Занятия фитнесом для астеников должны быть непродолжительными, но максимально насыщенными, чтобы калории не успевали растратиться впустую, а направлялись исключительно на наращивание мышечных тканей. Основу тренировок должны составлять базовые упражнения, которые способны усилить выработку тестостерона, например, жимы лежа и стоя, приседания с отягощением, становая тяга. Рекомендованная периодичность занятий — не более 45 минут 2-3 раза в неделю.
Силовые фитнес-тренировки должны обязательно сочетаться с правильным питанием. Значительно ускорить появление результатов поможет сбалансированный рацион с подсчетом калорий. Сладкое следует максимально ограничить, а на гарнир рекомендуется употреблять бурый рис. Норма протеина для таких мужчин — 2-3 г на 1 кг веса.
Фитнес-тренировки для мужчин эндоморфного типа
Мужчины-эндоморфы внешне коренасты, с достаточно тяжелыми костями, но мягкой мускулатурой, отличаются широким и коротким грудным отделом и такой же шеей, часто склонны к полноте.
Физические упражнения для эндоморфов, в первую очередь, должны быть направлены на борьбу с полнотой, а во вторую — на наращивание мускул, скрытых под толстой прослойкой жира. Для этих целей лучше всего подходят циклические фитнес-тренировки, способные перестроить организм на похудение, постепенный набор мышечной массы и формирование рельефа. Силовую программу для увеличения объёмов мускулов желательно подбирать индивидуально после консультации со специалистом, а затем — чередовать силовой и циклический тренинги.
Интенсивный, частый и продолжительный бег для сжигания жира для гиперстенического типа конституции малоэффективен. Более результативным будет сочетание разминки, бега или любой другой кардионагрузки и силовых физических упражнений. Львиную долю успеха для формирования красивой фигуры при эндоморфном строении тела составляет правильное питание с минимальным количеством жиров и с низким содержанием углеводов (не больше 100 г в сутки), которые следует употреблять за 30 минут до и после фитнеса. Основную часть рациона должны составлять белки и пища, богатая кальцием, магнием и аминокислотами. Чрезмерный отказ от еды и голодание — это распространенные ошибки, которые приводят к еще большему набору веса впоследствии.

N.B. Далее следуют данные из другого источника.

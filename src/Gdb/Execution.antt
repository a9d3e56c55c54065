-- ===== src/Gdb/Execution.antt =====
-- gdb/client.py: running, stepping, interrupting and draining stop replies.
pub mod Draining
pub mod Stale
use dolphin_re_mcp.Prelude.{
  ℕ, zero, suc, ◌+◌, Bool, true, false, none, some, List, [], ◌∷◌, ◌++◌, Option, ltb,
}
use dolphin_re_mcp.Prelude.Text.{Text, codes}
use dolphin_re_mcp.Errors.{Error, Result, ok, err, out_of_fuel, is_socket_error}
use dolphin_re_mcp.Exec.{Exec, pure, raise, gets, modify, ◌>>=◌, ◌>>◌}
use dolphin_re_mcp.Gdb.Stub.{Stub, recv, monotonic, unread}
use dolphin_re_mcp.Gdb.Packets.{require_sock, send_or_close, read_packet_from_wire, read_packet}
use dolphin_re_mcp.Gdb.Acks.{send_packet}

unfoldable pub continue_async : Exec Stub Unit
continue_async = send_packet (codes "c")

unfoldable pub wait_for_stop : Option ℕ → Exec Stub Text
wait_for_stop = read_packet

unfoldable pub continue_and_wait : Option ℕ → Exec Stub Text
continue_and_wait timeout = do continue_async; wait_for_stop timeout

unfoldable pub step : Option ℕ → Exec Stub Text
step timeout = do send_packet (codes "s"); read_packet timeout

-- The byte 0x03.
unfoldable pub interrupt : Exec Stub Unit
interrupt = do require_sock; send_or_close (3 ∷ [])

unfoldable pub drain_pending_replies : Exec Stub (List Text)
drain_pending_replies s = (ok s.pending_replies, record s { pending_replies = [] })

-- One read of the drain: none ends the loop.
abbrev pub drained : Result Text × Stub → Result (Option Text) × Stub
drained (ok packet, s) = (ok (some packet), s)
drained (err e, s) = elim (is_socket_error e) [ true ↦ (ok none, s) | false ↦ (err e, s) ]

unfoldable pub drain_one : Exec Stub (Option Text)
drain_one s = drained (read_packet_from_wire (some 20_000) recv s)

-- The rest of a round, once the read is done.
abbrev pub drain_next :
    (List Text → Exec Stub (List Text)) → List Text → Option Text → Exec Stub (List Text)
drain_next next out none = pure out
drain_next next out (some packet) = next (out ++ packet ∷ [])

abbrev pub drain_turn : Bool → Exec Stub (List Text) → List Text → Exec Stub (List Text)
drain_turn true round out = round
drain_turn false round out = pure out

-- `while time.monotonic() < end`; each packet read leaves less unread.
unfoldable pub drain_loop : ℕ → ℕ → List Text → Exec Stub (List Text)
drain_loop zero stop out s = (err out_of_fuel, s)
drain_loop (suc fuel) stop out s =
    (monotonic >>= λ now.
    drain_turn (ltb now stop) (drain_one >>= drain_next (drain_loop fuel stop) out) out)
      s

unfoldable pub drain_stop_replies : ℕ → Exec Stub (List Text)
drain_stop_replies max_wait = do
  out ← drain_pending_replies
  now ← monotonic
  fuel ← gets unread
  drain_loop (suc fuel) (now + max_wait) out
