-- ===== src/Memory/Routing.antt =====
-- memory/routing.py: which region of guest memory an address lies in, and address arguments.
pub mod Ranges
use dolphin_re_mcp.Prelude.{
  ℕ, ◌+◌, ◌≡◌, refl, Bool, true, false, ◌&&◌, Option, none, some, ◌∷◌, if◌then◌else◌, is_empty,
}
use dolphin_re_mcp.Prelude.Int.{ℤ, pos, leb_ℤ, ltb_ℤ, ◌+ℤ◌, ◌-ℤ◌}
use dolphin_re_mcp.Prelude.Text.{Text, codes, strip, parse_int}
use dolphin_re_mcp.Errors.{Result, ok, err, value_error, type_error, address_out_of_range}

abbrev pub mem1_base : ℕ
mem1_base = 0x8000_0000

abbrev pub mem1_size : ℕ
mem1_size = 0x0180_0000

abbrev pub mem1_end : ℕ
mem1_end = mem1_base + mem1_size

abbrev pub mem2_base : ℕ
mem2_base = 0x9000_0000

abbrev pub mem2_size : ℕ
mem2_size = 0x0400_0000

abbrev pub mem2_end : ℕ
mem2_end = mem2_base + mem2_size

pub data Region : Type 0 where
  mem1 mem2 : Region

pub record RoutedAddress : Type 0 where
  pub region : Region
  pub offset : ℤ
  pub size : ℤ

unfoldable pub route : ℤ → ℤ → Result RoutedAddress
unfolding ◌+ℤ◌ ◌-ℤ◌
route addr size =
    if leb_ℤ size (pos 0)
    then err value_error
    else if leb_ℤ (pos mem1_base) addr && ltb_ℤ addr (pos mem1_end)
    then (if ltb_ℤ (pos mem1_end) (addr +ℤ size)
        then err address_out_of_range
        else ok
            (record { region = mem1; offset = addr -ℤ pos mem1_base; size = pos mem1_end -ℤ addr }))
    else if leb_ℤ (pos mem2_base) addr && ltb_ℤ addr (pos mem2_end)
    then (if ltb_ℤ (pos mem2_end) (addr +ℤ size)
        then err address_out_of_range
        else ok
            (record { region = mem2; offset = addr -ℤ pos mem2_base; size = pos mem2_end -ℤ addr }))
    else err address_out_of_range

-- `route` raises nothing but the two exceptions that `is_valid` handles.
unfoldable pub is_valid : ℤ → ℤ → Bool
unfolding route
is_valid addr size = elim (route addr size) [ ok _ ↦ true | err _ ↦ false ]

-- An argument as the tool wrappers receive it: JSON has other values too.
pub data Argument : Type 0 where
  integer : ℤ → Argument
  text : Text → Argument
  other : Argument

unfoldable pub coerce_addr : Argument → Result ℤ
unfolding parse_int strip
coerce_addr (integer n) = ok n
coerce_addr (text x) =
    let s = strip x in
    if is_empty s
    then err value_error
    else elim (parse_int 0 s) [ some n ↦ ok n | none ↦ err value_error ]
coerce_addr other = err type_error

hex_argument : coerce_addr (text (codes " 0x806BBC74 ")) ≡ ok (pos 2154544244)
unfolding coerce_addr
hex_argument = refl

bare_hex_argument : coerce_addr (text (codes "806BBC74")) ≡ err value_error
unfolding coerce_addr
bare_hex_argument = refl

Упражнения для мужчин мезоморфного телосложения
Этот тип конституции тела еще называют атлетическим. Ему присущи развитый грудной квадрат и плечевой пояс, массивный скелет и пропорциональное соотношение конечностей к туловищу, отсутствие жировых отложений. Мезоморфы могут стать превосходными культуристами, если не испортят природные данные неправильным образом жизни, питанием и отсутствием физических нагрузок.
Слишком усердствовать с количеством тренировок не стоит — достаточно часового тренинга 2-3 раза в неделю. Базовую нагрузку должны составлять силовые упражнения с максимальными весами, но с малым числом повторов (5-7 раз). В идеале занятие должно состоять из такой двигательной активности:
- силовых фитнес-упражнений;
- аэробных нагрузок;
- физических упражнений на проработку рельефа.
Мужчины нормостенического телосложения для достижения результатов в фитнесе нуждаются в своего рода марафонских нагрузках — непродолжительных, но максимально насыщенных тренингах. Также большое влияние на результат оказывает правильное питание, без которого даже при отличных исходных физических данных мезоморфы начинают набирать лишний вес. Соблюдение строгой диеты может и не понадобиться, но питаться необходимо полезными, здоровыми и натуральными продуктами с высоким содержанием белка, кальция и омега-3 жирных кислот. Не исключено употребление пищевых спортивных добавок, которые помогут сохранить и ускорить прирост мышечной массы.